For developing vertical normalized differences, the vertical distribution of each channel for the established LP plot was analyzed, and after finding a lower canopy threshold, the returns were binned in 0.5 m increments (index h). Then, from the average of each bin spectral pseudo-reflectance value ${\widehat{\rho }}_h^l$, normalized differences $n{\delta }_h^{lm}$ were calculated using the following formula (indices l and m run through Titans channels; see [32] for detailed explanation of $n{\delta }^{lm}$):

$$n{\delta }_h^{lm}=\frac{{\widehat{\rho }}_h^l-{\widehat{\rho }}_h^m}{{\widehat{\rho }}_h^l+{\widehat{\rho }}_h^m}$$

(5)

The same procedure was repeated for three additional randomly selected virtual LP plots (Figure 2b).

For the lifted target, after normalization of each return toward the cosine of the incident angle, the sum of the pseudo-intensity values of split returns were compared with the known spectral reflectance of the open target. For the below-canopy target, single returns were compared with the returns from the open target, and double and triple returns (with an assumption for triple returns that first and second returns detected the same surface type) were used for deriving spectral reflectance values of the canopy using Equation (1). To illustrate the ms lidar canopy voxelization approach, two types of map were created at 20 m resolution: Ground nδ(C2,C1) map; and (canopy nδ(C2,C1) and nδ(C2,C3) maps (see [32] for the conventions used). For the ground map, only single returns from ground returns and those up to 0.5 m above the ground level were used. Ground nδ(C2,C1) map was visually compared with the Digital Terrain Model (DTM) at 2 m resolution, and with low resolution Topographic Positioning Index (TPI) derived from the 20 m resolution DTM. For canopy maps, single returns penetrated up to almost the full depth profile of the canopy, with few single returns 2 m above the ground. A two-sample Kolmogorov-Smirnov test on point height distributions for each pair of all three channels was performed to find the practical threshold value for canopy height range where vertical intensity distributions from different channels can be compared. In addition, a vertical profile of nδ(C2,C1) was constructed with Equation (5) along a 20 m wide transect, with voxels of 20 by 20 m in plane and 0.5 m in height.

3. Results and Discussion

3.1. Radiometric Calibration Targets

A spectral reflectance curve of the target obtained from laboratory measurements is presented in Figure 4. Values of spectral reflectance with RMSE of measurements for Titan’s wavelengths are presented in

Table 3. Values of spectral reflectance for wavelengths corresponding to Titan measured by ASD (20 samples). RMSE values in brackets.

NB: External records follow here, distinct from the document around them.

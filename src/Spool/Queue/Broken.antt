-- ===== src/Spool/Queue/Broken.antt =====
-- The rows that a call of `next_pending` quarantines.
use Prim.Native.String.{◌++◌}
use superlily.Base.{
  ℕ, ◌+◌, ◌≡◌, refl, true, false, some, String, List, [], ◌∷◌, arith, ap, ◌∙◌, ◌&&◌, eqb, ltb,
  Bool-cases, Option-cases, inl, inr, ◌⊎◌,
}
use superlily.Spool.{
  SpoolRecord, SpoolRow, quarantined, Spool, SpoolException, Outcome, ok, raised, Clock, Libraries,
  is_pending, update_pending, has_pending,
}
use superlily.Spool.Append.{row_to_record}
use superlily.Spool.Delivery.{verify_record, quarantine, quarantine_row, note_replay_failure}
use superlily.Spool.Queue.Loop.{first_pending, message, load_record}
use superlily.Spool.Queue.Pending.{IsOldest}

-- the row cannot be read as a record, or the record fails its verification; with the exception
pub data IsBroken (x : Libraries) (s : Spool) (row : SpoolRow) (e : SpoolException) : Type 0 where
  unreadable : row_to_record x row ≡ raised e → IsBroken x s row e
  unverified :
      (r : SpoolRecord)
      → row_to_record x row ≡ ok r
      → verify_record x s r ≡ some e
      → IsBroken x s row e

-- the pending rows of one number are marked as quarantined, and all other rows are as before
pub data Marks (c : Clock) (n : ℕ) (error : String) : List SpoolRow → List SpoolRow → Type 0 where
  end : Marks c n error [] []
  other :
      {rows left : List SpoolRow} (r : SpoolRow)
      → (eqb r.sequence n && is_pending r.state) ≡ false
      → Marks c n error rows left
      → Marks c n error (r ∷ rows) (r ∷ left)
  marked :
      {rows left : List SpoolRow} (r : SpoolRow)
      → (eqb r.sequence n && is_pending r.state) ≡ true
      → Marks c n error rows left
      → Marks c n error (r ∷ rows) (
          record r { state = quarantined; last_attempt_at = some c.wall; last_error = some error }
          ∷ left)

-- What the call drops, in order: each time the oldest pending row, which is due and broken, is marked, and
-- nothing else is changed but the counter of failures and the last error.
pub data Drops (x : Libraries) (c : Clock) : Spool → Spool → Type 0 where
  drops_nothing : {s : Spool} → Drops x c s s
  drops :
      {s t u : Spool} (row : SpoolRow) (e : SpoolException)
      → first_pending s.records ≡ some row
      → IsOldest row s.records
      → ltb c.wall row.next_attempt_at ≡ false
      → IsBroken x s row e
      → Marks c row.sequence ("checksum:" ++ message e) s.records t.records
      → t ≡ record s {
        records = t.records;
        spool_meta = record s.spool_meta {
          replay_failures = s.spool_meta.replay_failures + 1;
          last_error = "checksum:" ++ message e;
        };
      }
      → Drops x c t u
      → Drops x c s u

pub Outcome-cases :
    {A : Type 0} (o : Outcome A) → ((a : A) × (o ≡ ok a)) ⊎ ((e : SpoolException) × (o ≡ raised e))
Outcome-cases (ok a) = inl (a, refl)
Outcome-cases (raised e) = inr (e, refl)

pub load-raised :
    (x : Libraries) (s : Spool) (row : SpoolRow) (e : SpoolException)
    → load_record x s row ≡ raised e
    → IsBroken x s row e
unfolding load_record
load-raised x s row e h = elim (Outcome-cases (row_to_record x row)) [
  | inr (f, bad) ↦ let same : f ≡ e = ground (arith, h, bad) in unreadable (bad ∙ ap raised same)
  | inl (r, read) ↦ elim (Option-cases (verify_record x s r)) [
    | inr (f, bad) ↦
        let same : f ≡ e = ground (arith, h, read, bad) in unverified r read (bad ∙ ap some same)
    | inl fine ↦ absurd (ground (arith, h, read, fine))
  ]
]

update-Marks :
    (c : Clock) (error : String) (n : ℕ) (rows : List SpoolRow)
    → Marks c n error rows (update_pending n (quarantine_row c error) rows)
unfolding update_pending quarantine_row
update-Marks c error n [] = end
update-Marks c error n (r ∷ rows) = elim (Bool-cases (eqb r.sequence n && is_pending r.state)) [
  | inl hit ↦ rw hit (marked r hit (update-Marks c error n rows))
  | inr misses ↦ rw misses (other r misses (update-Marks c error n rows))
]

pub quarantine-Drops :
    (x : Libraries) (c : Clock) (s u : Spool) (row : SpoolRow) (e : SpoolException)
    → first_pending s.records ≡ some row
    → IsOldest row s.records
    → ltb c.wall row.next_attempt_at ≡ false
    → IsBroken x s row e
    → has_pending row.sequence s.records ≡ true
    → Drops x c (quarantine c row.sequence ("checksum:" ++ message e) s) u
    → Drops x c s u
unfolding quarantine note_replay_failure
quarantine-Drops x c s u row e found oldest due broken there rest =
    drops row e found oldest due broken
      (rw there (update-Marks c ("checksum:" ++ message e) row.sequence s.records)) (rw there refl)
      rest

Wavelength	C3 (532 nm)	C2 (1064 nm)	C1 (1550 nm)
Spectral reflectance %	95.5 (0.1)	95.0 (0.5)	90.5 (0.9)

. Spectral reflectance values of the constructed target are similar to those reported by [28].

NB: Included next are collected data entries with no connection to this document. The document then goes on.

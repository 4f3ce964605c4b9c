-- ===== src/Spool/Queue.antt =====
-- What a call of `next_pending` returns.
pub mod Loop
pub mod Pending
pub mod Broken
unfoldable pub use Loop.*
pub use Broken.*
use Prim.Native.String.{◌++◌}
use superlily.Base.{
  ℕ, zero, suc, ◌+◌, ◌≤◌, ◌<◌, ◌≡◌, refl, Bool, true, false, not, Option, none, some, String, List,
  [], ◌∷◌, All, keep_if, arith, ap, ◌∙◌, ◌&&◌, eqb, ltb, if◌then◌else◌, Bool-cases, Option-cases,
  inl, inr, ◌⊎◌,
}
use superlily.Spool.{
  SpoolRecord, SpoolRow, quarantined, Spool, SpoolException, spool_error, spool_conflict,
  spool_full, receipt_mismatch, integrity_error, Outcome, ok, raised, Clock, Libraries, is_pending,
  update_pending, has_pending, compact, is_stale,
}
use superlily.Spool.Append.{row_to_record}
use superlily.Spool.Delivery.{verify_record, quarantine, quarantine_row, note_replay_failure}
use superlily.Spool.Queue.Pending.{
  first-has_pending, count-quarantine_strict, IsOldest, first-IsOldest, first-compact,
}

-- what a call returns once it has dropped the broken rows, and the spool that it leaves
pub data Delivery (x : Libraries) (c : Clock) : Option SpoolRecord → Spool → Spool → Type 0 where
  delivered :
      {t : Spool} (row : SpoolRow) (r : SpoolRecord)
      → first_pending t.records ≡ some row
      → is_pending row.state ≡ true
      → IsOldest row t.records
      → row_to_record x row ≡ ok r
      → verify_record x t r ≡ none
      → ltb c.wall row.next_attempt_at ≡ false
      → Delivery x c (some r) t t
  waits :
      {t : Spool} (row : SpoolRow)
      → first_pending t.records ≡ some row
      → IsOldest row t.records
      → ltb c.wall row.next_attempt_at ≡ true
      → Delivery x c none t t
  nothing_pending :
      {u : Spool}
      → first_pending u.records ≡ none
      → first_pending (compact c u).records ≡ none
      → Delivery x c none u (compact c u)

-- how a round ends
data Ends (x : Libraries) (c : Clock) (s : Spool) : Round → Type 0 where
  at_return : {r : Option SpoolRecord} {t : Spool} → Delivery x c r s t → Ends x c s (returns r t)
  at_next :
      {t : Spool}
      → count_pending t.records < count_pending s.records
      → ((u : Spool) → Drops x c t u → Drops x c s u)
      → Ends x c s (continues t)

load-ok :
    (x : Libraries) (s : Spool) (row : SpoolRow) (r : SpoolRecord)
    → load_record x s row ≡ ok r
    → (row_to_record x row ≡ ok r) × (verify_record x s r ≡ none)
unfolding load_record
load-ok x s row r h = ground (arith, h)

quarantine-fewer :
    (c : Clock) (n : ℕ) (error : String) (s : Spool)
    → has_pending n s.records ≡ true
    → count_pending (quarantine c n error s).records < count_pending s.records
unfolding quarantine note_replay_failure
quarantine-fewer c n error s h = rw h (count-quarantine_strict c error n s.records h)

round-Ends : (x : Libraries) (c : Clock) (s : Spool) → Ends x c s (round x c s)
unfolding round
round-Ends x c s = elim (Option-cases (first_pending s.records)) [
  | inl nothing ↦
      rw (nothing, round) (at_return (nothing_pending nothing (first-compact c s nothing)))
  | inr (row, found) ↦
      let (waiting, there) = first-has_pending s.records row found in
      let oldest = first-IsOldest s.records row found in
      elim (Bool-cases (ltb c.wall row.next_attempt_at)) [
        | inl later ↦ rw (found, later, round) (at_return (waits row found oldest later))
        | inr due ↦ elim (Outcome-cases (load_record x s row)) [
          | inl (r, loaded) ↦
              let (read, verified) = load-ok x s row r loaded in
              rw (found, due, loaded, round)
                (at_return (delivered row r found waiting oldest read verified due))
          | inr (e, broken) ↦
              rw (found, due, broken, round)
                (at_next (quarantine-fewer c row.sequence ("checksum:" ++ message e) s there) (λ u.
                  quarantine-Drops x c s u row e found oldest due (load-raised x s row e broken)
                    there))
        ]
      ]
]

abbrev pub Returns : ℕ → Libraries → Clock → Spool → Type 0
Returns fuel x c s =
    (r : Option SpoolRecord) × (u : Spool) × (t : Spool) × (next_pending fuel x c s ≡ some (r, t))
    × Drops x c s u
    × Delivery x c r u t

after_round :
    (fuel : ℕ) (x : Libraries) (c : Clock) (s : Spool) (o : Round)
    → round x c s ≡ o
    → Ends x c s o
    → ((t : Spool) → count_pending t.records < count_pending s.records → Returns fuel x c t)
    → Returns (suc fuel) x c s
unfolding next_pending
after_round fuel x c s (returns r t) e (at_return d) later =
    (r, s, t, rw (e, next_pending) refl, drops_nothing, d)
after_round fuel x c s (continues t) e (at_next fewer before) later =
    let (r, u, v, returned, dropped, d) = later t fewer in
    (r, u, v, rw (e, next_pending) returned, before u dropped, d)

-- With more rounds than there are pending rows, the call returns. It first quarantines rows, each of which was
-- then the oldest pending one, due, and not readable or not verified, and changes no other row. It then returns
-- the record of the oldest pending row that is left, which is verified and due; or nothing, where that row is not
-- due yet; or nothing, where no row is pending, after compaction.
pub next_pending-Returns :
    (fuel : ℕ) (x : Libraries) (c : Clock) (s : Spool)
    → count_pending s.records < fuel
    → Returns fuel x c s
next_pending-Returns zero x c s h = absurd (omega (arith, h))
next_pending-Returns (suc fuel) x c s h =
    after_round fuel x c s (round x c s) refl (round-Ends x c s)
      (λ t fewer. next_pending-Returns fuel x c t (omega (arith, h, fewer)))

3.2. Verification of the Intensity Normalization

Calculated values of ${\tilde{I}}_{\rho =100\%}^l$ for each channel together with the cosine corrected spectral reflectance validation derived for the open target hits from the crossline are presented in

Table 4. Values of DNs corresponding to 100% spectral reflectance, normalized to 600 m and calculated values of spectral reflectance from the cross line. SD values and number of measurements (SD | N) are given in brackets.

Observations	C3 (532 nm)	C2 (1064 nm)	C1 (1550 nm)
DN normalized to 100% spectral reflectance (600 m)	3068 (116 | 3)	3151 (52 | 5)	3267 (145 | 6)
Cross line spectral reflectance validation %	93.4 (1.8 | 4)	96.4 (2.9 | 5)	91.0 (1.4 | 5)

. These values are comparable with the spectral reflectance measured in the laboratory using an ASD (Table 3).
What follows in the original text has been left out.